--- Aim of the task ---
Where a line below holds the string "Caution", copy that line.

--- Information provided ---

:::::

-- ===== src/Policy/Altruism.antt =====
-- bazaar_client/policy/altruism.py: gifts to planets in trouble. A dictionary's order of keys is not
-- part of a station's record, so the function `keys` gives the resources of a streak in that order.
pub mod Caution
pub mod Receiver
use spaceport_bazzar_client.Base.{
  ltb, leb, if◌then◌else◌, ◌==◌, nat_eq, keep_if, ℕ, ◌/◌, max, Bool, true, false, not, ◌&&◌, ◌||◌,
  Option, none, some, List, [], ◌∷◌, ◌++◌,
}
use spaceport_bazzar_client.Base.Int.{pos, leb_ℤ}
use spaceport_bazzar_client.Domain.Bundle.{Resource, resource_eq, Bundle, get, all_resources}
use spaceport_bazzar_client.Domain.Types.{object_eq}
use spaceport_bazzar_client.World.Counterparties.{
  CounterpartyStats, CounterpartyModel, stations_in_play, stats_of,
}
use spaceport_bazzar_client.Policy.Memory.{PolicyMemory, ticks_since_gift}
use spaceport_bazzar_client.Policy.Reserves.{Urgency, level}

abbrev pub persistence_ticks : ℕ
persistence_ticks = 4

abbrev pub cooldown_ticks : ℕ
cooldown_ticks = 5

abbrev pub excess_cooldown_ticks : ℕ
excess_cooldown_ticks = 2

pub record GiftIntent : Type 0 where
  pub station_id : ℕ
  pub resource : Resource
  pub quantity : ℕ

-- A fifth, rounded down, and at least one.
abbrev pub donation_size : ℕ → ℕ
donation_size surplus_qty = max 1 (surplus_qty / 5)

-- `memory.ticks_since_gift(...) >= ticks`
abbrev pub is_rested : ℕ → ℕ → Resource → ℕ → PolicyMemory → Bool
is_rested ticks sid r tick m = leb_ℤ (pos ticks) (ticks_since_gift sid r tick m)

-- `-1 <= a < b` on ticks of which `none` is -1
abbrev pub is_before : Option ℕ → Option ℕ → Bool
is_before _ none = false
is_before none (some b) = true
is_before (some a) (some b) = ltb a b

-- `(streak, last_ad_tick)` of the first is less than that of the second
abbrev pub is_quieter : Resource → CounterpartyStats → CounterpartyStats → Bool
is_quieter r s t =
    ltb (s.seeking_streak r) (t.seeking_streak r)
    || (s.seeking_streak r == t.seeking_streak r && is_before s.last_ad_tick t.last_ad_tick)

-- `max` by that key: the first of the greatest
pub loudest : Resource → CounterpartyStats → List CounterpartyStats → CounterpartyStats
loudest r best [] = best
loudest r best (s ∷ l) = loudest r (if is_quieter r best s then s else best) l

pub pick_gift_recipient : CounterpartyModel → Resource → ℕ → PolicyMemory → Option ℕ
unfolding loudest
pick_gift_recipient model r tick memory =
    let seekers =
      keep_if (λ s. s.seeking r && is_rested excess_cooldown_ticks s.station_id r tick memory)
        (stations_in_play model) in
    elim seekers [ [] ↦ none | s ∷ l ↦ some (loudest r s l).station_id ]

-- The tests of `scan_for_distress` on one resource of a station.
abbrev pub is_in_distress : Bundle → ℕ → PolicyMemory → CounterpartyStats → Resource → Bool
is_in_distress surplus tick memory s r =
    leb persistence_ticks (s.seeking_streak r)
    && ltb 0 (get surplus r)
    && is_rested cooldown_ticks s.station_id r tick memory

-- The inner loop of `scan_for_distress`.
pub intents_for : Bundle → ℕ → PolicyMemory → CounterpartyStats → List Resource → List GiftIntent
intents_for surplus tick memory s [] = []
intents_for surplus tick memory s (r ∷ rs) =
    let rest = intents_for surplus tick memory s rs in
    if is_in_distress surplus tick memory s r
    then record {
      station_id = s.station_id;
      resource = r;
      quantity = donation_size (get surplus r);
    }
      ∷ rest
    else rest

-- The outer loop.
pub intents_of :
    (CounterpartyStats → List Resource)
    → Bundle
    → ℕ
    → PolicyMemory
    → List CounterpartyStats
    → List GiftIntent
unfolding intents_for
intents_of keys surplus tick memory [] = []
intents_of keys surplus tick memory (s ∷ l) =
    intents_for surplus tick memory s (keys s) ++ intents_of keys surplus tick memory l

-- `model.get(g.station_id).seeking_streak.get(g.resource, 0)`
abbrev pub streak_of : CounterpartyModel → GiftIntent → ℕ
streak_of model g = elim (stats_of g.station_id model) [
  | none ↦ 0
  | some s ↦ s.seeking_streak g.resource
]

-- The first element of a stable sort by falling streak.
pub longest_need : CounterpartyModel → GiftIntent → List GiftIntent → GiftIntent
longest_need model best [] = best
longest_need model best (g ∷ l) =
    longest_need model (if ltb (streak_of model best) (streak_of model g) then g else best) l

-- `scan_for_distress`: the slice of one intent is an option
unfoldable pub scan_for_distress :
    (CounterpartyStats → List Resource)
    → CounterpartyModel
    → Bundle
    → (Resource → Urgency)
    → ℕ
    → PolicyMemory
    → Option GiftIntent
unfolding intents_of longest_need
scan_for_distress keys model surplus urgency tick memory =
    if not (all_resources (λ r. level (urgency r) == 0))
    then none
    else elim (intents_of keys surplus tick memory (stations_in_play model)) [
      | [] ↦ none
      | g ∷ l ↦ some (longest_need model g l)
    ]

:::::

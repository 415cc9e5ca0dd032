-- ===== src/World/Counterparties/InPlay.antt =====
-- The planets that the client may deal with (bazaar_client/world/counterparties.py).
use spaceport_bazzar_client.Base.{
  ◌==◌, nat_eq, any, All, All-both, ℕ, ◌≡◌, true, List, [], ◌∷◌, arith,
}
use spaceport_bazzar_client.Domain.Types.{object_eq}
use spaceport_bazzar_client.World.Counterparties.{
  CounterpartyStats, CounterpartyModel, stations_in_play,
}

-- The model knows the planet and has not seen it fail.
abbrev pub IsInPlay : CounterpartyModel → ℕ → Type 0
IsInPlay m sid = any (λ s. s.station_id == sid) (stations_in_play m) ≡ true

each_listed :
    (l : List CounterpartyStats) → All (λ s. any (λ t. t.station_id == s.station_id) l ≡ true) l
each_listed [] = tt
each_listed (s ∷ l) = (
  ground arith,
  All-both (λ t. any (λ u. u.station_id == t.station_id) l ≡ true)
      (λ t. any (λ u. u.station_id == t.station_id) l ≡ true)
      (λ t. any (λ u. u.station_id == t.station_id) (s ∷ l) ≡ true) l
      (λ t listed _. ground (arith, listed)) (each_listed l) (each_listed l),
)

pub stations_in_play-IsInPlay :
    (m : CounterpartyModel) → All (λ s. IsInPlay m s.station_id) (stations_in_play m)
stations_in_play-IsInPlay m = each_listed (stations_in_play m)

:::::

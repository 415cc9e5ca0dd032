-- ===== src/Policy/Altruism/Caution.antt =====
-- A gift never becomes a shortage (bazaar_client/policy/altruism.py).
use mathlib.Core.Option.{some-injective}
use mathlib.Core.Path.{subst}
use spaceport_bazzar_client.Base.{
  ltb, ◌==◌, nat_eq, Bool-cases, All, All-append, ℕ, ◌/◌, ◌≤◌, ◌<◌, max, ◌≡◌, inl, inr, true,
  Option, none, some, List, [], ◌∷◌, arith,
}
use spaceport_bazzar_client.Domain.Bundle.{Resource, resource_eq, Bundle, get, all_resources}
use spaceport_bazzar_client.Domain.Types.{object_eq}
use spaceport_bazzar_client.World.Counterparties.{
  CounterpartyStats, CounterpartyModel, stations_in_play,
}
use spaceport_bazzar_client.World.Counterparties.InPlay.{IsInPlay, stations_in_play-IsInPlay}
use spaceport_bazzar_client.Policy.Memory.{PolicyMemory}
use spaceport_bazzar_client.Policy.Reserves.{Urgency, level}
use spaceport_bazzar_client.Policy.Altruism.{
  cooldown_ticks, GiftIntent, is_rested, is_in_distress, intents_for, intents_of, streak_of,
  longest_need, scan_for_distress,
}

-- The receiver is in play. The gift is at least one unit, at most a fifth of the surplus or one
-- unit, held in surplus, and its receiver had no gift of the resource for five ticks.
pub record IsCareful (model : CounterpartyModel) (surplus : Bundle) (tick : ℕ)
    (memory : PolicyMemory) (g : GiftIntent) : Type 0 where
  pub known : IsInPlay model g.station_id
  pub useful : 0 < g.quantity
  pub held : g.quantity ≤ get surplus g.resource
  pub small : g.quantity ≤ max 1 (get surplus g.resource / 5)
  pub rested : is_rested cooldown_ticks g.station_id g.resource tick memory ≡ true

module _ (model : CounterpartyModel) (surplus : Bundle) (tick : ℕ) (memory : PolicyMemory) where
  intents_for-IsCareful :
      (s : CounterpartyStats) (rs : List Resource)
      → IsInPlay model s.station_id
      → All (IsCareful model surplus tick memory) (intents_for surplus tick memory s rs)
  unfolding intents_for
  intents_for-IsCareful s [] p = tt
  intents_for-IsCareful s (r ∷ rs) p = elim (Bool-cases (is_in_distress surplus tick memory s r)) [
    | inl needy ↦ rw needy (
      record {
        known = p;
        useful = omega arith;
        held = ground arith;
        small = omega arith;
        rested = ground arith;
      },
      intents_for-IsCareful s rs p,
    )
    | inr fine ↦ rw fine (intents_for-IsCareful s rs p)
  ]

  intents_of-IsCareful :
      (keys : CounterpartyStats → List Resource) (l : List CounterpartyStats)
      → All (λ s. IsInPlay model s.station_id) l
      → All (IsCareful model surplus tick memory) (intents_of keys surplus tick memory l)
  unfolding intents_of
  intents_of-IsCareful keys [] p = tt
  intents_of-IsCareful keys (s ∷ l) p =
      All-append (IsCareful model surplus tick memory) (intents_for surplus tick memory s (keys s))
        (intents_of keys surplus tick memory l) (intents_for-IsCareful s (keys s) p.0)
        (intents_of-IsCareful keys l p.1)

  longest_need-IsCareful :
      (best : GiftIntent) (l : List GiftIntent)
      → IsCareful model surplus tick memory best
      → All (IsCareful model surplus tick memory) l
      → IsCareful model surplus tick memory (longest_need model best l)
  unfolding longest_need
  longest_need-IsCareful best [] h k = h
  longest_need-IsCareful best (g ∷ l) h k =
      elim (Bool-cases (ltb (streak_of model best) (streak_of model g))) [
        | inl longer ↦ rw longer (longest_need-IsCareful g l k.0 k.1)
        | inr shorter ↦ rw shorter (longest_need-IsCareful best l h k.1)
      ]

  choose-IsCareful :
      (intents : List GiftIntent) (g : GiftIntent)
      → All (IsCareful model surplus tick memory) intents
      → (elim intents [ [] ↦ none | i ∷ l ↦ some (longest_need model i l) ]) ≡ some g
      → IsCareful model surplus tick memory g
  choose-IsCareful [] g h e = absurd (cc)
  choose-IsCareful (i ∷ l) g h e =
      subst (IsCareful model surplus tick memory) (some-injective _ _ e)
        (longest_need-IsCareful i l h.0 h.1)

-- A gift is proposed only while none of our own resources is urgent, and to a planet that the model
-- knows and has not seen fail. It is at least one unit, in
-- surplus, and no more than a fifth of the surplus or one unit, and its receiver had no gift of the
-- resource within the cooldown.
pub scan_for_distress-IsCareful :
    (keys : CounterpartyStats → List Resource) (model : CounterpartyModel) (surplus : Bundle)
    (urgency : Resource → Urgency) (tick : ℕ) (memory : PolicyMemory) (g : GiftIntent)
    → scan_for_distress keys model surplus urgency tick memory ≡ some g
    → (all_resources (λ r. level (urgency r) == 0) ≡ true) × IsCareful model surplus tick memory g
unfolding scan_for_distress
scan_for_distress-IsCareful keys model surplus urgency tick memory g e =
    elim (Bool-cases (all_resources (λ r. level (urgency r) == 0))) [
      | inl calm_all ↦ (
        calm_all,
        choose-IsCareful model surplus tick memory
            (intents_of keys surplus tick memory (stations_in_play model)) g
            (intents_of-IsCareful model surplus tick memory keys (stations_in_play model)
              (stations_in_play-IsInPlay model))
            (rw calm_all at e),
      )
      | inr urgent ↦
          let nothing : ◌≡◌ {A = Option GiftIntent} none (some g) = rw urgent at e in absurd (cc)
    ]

:::::

--- Completed exercise ---
pub mod Caution
-- ===== src/Policy/Altruism/Caution.antt =====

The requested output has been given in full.